EXERCISE INSTRUCTIONS.
Which of the lines below hold the word "told"? Pull each of them out.
----
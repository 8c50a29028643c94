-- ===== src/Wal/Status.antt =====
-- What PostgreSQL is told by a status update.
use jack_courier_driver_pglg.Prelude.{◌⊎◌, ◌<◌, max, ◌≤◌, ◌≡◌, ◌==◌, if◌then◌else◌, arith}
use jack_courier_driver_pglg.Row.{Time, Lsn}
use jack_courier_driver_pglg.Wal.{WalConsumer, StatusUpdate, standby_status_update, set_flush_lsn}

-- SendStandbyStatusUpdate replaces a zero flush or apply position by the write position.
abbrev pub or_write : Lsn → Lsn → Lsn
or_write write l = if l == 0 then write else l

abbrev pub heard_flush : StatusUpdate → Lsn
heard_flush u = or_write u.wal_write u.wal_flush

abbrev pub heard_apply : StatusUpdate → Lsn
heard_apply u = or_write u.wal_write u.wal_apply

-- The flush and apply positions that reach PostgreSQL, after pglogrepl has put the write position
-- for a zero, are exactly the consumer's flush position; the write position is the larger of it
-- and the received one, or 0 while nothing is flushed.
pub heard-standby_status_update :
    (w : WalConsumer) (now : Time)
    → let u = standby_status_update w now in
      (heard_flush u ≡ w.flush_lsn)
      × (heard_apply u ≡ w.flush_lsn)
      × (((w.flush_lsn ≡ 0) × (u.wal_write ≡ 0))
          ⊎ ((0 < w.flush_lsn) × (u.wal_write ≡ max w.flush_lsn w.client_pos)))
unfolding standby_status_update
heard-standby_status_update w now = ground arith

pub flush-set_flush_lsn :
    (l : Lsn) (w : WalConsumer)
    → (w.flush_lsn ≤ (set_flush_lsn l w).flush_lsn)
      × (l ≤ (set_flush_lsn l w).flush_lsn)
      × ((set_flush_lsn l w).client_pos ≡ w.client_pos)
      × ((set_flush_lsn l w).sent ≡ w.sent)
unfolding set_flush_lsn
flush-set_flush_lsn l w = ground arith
----
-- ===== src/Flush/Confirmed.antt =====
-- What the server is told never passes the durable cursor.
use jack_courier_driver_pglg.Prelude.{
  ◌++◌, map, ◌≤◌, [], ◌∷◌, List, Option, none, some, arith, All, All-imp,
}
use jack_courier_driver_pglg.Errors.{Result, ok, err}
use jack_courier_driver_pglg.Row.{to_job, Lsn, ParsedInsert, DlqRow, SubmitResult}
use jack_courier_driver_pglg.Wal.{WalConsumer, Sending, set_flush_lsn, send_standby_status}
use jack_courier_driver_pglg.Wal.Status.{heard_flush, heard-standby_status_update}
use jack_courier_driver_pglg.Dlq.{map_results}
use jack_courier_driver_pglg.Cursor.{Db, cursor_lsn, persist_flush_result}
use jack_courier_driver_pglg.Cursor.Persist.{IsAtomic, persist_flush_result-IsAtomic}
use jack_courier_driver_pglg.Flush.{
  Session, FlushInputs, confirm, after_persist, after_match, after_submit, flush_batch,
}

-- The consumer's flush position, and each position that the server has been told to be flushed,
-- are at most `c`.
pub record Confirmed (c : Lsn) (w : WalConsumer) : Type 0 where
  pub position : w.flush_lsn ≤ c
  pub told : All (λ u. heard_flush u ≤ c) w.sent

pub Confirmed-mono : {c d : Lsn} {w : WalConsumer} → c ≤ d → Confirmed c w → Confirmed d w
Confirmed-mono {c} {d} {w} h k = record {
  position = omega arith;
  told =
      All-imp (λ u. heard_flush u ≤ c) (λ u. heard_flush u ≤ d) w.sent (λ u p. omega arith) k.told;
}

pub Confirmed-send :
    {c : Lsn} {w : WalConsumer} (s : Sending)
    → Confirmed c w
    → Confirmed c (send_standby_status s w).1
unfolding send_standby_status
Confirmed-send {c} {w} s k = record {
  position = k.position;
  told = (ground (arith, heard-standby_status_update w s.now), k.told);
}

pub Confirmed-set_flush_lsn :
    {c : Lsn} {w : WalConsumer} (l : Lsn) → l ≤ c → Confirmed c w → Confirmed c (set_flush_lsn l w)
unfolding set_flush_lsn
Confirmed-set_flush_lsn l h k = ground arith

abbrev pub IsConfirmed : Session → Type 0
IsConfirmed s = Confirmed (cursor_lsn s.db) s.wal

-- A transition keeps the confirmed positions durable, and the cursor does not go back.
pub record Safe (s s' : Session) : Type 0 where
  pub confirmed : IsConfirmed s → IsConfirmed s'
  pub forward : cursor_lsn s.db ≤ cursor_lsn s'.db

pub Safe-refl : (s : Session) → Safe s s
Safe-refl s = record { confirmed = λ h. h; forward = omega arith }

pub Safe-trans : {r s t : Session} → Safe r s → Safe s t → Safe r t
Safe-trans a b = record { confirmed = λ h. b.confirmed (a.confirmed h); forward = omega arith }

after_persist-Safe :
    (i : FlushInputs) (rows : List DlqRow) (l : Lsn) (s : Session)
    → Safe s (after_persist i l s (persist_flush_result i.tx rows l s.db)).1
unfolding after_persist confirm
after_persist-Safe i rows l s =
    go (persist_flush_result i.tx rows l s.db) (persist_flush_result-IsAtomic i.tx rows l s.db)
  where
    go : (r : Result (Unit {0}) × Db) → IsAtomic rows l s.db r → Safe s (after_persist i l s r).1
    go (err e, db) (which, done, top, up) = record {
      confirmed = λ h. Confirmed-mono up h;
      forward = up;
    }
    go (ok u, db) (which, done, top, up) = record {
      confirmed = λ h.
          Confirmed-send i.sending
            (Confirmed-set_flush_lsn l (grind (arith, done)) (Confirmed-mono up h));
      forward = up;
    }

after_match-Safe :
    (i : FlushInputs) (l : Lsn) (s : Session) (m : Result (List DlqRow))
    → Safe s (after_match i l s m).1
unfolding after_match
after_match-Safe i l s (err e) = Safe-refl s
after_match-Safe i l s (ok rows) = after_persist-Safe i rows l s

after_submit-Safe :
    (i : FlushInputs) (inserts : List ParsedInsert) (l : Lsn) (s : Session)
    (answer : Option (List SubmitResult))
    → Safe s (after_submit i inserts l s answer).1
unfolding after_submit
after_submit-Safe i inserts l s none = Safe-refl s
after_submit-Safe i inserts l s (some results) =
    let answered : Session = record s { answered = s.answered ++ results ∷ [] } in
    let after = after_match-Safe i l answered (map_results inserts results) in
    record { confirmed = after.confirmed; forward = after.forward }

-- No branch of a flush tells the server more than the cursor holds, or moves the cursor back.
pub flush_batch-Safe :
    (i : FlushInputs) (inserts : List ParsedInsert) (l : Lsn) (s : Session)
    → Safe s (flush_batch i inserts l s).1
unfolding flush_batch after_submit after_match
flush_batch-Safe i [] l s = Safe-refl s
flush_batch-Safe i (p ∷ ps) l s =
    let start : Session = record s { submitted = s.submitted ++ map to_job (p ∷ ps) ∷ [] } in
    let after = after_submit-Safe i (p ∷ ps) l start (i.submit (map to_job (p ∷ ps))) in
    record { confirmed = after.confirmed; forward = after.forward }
----
RESPONSE TO THIS EXERCISE.
-- What PostgreSQL is told by a status update.
-- What the server is told never passes the durable cursor.
-- The consumer's flush position, and each position that the server has been told to be flushed,
  pub told : All (λ u. heard_flush u ≤ c) w.sent
  told =
      All-imp (λ u. heard_flush u ≤ c) (λ u. heard_flush u ≤ d) w.sent (λ u p. omega arith) k.told;
  told = (ground (arith, heard-standby_status_update w s.now), k.told);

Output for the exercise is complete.